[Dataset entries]

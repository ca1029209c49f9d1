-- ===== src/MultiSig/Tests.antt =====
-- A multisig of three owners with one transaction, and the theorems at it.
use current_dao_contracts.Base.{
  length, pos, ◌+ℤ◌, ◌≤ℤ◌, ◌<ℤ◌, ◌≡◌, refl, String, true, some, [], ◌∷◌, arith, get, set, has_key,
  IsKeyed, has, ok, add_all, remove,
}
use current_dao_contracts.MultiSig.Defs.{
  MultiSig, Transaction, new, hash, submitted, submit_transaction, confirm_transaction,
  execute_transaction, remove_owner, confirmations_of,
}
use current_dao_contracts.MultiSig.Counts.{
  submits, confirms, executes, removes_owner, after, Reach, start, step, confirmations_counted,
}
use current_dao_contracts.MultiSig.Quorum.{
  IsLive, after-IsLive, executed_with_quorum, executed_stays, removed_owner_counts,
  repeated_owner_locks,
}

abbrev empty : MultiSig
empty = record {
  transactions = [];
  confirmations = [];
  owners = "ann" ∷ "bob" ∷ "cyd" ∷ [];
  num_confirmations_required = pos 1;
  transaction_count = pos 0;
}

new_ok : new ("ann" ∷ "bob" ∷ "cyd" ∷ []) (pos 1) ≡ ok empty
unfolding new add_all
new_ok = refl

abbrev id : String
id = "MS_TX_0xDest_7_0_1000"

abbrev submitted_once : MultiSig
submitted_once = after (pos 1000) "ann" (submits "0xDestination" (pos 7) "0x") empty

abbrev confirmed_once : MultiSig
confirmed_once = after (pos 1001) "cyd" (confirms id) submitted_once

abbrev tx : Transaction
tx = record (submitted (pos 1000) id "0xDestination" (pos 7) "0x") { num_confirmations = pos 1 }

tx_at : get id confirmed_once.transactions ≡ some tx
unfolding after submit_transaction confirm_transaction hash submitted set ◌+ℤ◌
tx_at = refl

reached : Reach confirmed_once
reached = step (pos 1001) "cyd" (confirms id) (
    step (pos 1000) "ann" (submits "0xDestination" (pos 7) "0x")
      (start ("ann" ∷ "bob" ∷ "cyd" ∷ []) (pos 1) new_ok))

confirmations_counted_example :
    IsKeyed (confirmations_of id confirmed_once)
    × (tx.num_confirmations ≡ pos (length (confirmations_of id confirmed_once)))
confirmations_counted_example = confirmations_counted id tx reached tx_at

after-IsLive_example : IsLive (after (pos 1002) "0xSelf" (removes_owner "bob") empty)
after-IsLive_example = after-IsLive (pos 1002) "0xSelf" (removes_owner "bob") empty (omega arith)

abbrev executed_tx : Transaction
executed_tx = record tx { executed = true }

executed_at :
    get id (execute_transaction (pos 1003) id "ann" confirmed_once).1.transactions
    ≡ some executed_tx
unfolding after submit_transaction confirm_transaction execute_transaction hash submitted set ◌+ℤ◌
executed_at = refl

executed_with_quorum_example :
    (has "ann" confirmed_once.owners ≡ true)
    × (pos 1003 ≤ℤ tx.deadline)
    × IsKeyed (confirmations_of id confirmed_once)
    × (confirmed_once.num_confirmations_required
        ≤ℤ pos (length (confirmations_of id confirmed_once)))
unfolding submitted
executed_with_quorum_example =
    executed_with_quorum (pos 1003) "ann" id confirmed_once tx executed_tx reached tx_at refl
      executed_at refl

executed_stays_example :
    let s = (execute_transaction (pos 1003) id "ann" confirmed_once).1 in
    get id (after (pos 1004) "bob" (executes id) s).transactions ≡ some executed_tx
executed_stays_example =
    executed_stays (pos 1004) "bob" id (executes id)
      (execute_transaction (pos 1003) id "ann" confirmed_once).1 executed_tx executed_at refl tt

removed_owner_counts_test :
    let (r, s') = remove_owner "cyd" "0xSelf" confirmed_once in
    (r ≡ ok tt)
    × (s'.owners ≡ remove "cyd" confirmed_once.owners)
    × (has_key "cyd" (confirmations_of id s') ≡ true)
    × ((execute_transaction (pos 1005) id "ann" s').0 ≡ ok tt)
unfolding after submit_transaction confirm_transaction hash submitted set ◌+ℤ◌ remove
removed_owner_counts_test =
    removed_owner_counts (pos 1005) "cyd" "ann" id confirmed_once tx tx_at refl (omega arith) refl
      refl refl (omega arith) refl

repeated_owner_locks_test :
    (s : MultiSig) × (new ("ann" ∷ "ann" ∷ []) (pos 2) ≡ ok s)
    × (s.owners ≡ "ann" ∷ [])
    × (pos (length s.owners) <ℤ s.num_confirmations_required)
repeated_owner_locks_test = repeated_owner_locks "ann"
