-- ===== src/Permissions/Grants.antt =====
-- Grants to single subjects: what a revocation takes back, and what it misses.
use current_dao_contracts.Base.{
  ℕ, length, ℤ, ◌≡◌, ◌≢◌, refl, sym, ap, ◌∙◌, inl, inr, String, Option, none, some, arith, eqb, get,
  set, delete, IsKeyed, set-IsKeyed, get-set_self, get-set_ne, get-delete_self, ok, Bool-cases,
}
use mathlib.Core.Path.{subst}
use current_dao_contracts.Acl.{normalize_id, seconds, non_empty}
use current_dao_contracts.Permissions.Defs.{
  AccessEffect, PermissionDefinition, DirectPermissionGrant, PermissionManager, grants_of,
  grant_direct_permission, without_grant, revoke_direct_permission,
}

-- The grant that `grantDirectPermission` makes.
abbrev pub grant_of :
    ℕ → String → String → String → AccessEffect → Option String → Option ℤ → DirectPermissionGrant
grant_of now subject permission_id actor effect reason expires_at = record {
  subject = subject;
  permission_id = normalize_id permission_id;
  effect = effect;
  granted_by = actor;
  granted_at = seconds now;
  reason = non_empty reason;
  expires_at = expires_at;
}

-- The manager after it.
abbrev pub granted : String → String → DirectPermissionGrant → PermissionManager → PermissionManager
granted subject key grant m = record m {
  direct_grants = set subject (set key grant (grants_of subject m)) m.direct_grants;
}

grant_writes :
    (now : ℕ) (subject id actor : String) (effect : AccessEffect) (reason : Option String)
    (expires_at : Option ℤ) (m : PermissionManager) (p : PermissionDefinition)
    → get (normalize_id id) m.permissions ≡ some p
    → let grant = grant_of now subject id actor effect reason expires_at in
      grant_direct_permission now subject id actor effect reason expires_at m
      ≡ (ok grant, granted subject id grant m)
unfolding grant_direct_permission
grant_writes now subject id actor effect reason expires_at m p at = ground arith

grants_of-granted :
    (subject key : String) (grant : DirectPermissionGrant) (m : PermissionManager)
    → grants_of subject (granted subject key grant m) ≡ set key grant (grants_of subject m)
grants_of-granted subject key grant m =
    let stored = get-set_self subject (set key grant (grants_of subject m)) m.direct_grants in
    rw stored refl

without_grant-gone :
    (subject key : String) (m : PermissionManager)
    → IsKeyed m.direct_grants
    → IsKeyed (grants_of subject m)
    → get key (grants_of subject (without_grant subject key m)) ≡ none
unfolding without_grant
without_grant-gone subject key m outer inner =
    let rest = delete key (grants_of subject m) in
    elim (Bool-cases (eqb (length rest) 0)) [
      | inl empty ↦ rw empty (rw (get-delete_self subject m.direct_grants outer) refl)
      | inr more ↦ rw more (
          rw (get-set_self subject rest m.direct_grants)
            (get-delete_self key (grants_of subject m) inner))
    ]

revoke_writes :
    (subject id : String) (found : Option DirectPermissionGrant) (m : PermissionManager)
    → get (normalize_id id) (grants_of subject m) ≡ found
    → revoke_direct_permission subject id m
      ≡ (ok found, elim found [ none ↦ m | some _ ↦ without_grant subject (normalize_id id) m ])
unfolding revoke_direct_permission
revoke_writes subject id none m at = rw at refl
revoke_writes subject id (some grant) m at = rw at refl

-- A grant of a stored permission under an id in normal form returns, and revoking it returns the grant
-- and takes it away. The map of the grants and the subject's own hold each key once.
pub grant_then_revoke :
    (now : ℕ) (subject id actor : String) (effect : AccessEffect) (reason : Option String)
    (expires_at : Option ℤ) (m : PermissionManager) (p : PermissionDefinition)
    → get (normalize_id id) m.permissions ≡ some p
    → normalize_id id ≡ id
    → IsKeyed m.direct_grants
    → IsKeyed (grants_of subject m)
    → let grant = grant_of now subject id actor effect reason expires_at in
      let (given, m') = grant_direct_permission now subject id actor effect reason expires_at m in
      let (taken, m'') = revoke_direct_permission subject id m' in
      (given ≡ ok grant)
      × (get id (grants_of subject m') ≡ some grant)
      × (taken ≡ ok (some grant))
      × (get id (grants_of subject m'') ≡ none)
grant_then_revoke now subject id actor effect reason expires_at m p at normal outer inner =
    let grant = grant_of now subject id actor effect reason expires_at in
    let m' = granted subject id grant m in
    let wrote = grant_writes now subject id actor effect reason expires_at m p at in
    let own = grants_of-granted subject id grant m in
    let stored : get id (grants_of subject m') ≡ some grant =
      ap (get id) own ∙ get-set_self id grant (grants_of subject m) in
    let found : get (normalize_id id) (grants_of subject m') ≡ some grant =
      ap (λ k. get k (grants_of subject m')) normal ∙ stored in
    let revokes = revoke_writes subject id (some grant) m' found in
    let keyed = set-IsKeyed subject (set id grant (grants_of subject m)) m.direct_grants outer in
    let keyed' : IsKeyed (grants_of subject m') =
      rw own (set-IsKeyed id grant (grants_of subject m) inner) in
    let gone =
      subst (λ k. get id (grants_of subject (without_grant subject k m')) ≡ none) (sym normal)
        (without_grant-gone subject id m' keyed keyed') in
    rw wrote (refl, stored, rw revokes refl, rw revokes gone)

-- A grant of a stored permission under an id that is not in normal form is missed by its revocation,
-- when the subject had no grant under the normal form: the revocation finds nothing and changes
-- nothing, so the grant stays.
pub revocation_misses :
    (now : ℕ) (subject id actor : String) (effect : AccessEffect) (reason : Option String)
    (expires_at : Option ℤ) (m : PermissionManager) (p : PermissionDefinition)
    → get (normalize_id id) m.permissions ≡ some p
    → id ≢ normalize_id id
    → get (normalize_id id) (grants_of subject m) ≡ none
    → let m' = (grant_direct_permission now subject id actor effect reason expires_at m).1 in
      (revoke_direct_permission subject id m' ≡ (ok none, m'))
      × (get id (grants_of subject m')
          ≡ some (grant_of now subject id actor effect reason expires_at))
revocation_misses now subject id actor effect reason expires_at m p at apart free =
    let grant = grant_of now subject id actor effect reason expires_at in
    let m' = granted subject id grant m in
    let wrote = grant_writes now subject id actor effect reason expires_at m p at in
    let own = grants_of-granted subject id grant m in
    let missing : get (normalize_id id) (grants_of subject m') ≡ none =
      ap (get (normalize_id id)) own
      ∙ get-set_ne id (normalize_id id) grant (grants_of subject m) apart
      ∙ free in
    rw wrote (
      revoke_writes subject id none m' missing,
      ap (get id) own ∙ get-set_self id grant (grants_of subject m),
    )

Task description — Please return the lines above that run from the line containing "abbrev submitted_once : MultiSig" to the line containing "tx_at : get", inclusive, exactly and with no other lines.

Exercise result —
abbrev submitted_once : MultiSig
submitted_once = after (pos 1000) "ann" (submits "0xDestination" (pos 7) "0x") empty

abbrev confirmed_once : MultiSig
confirmed_once = after (pos 1001) "cyd" (confirms id) submitted_once

abbrev tx : Transaction
tx = record (submitted (pos 1000) id "0xDestination" (pos 7) "0x") { num_confirmations = pos 1 }

tx_at : get id confirmed_once.transactions ≡ some tx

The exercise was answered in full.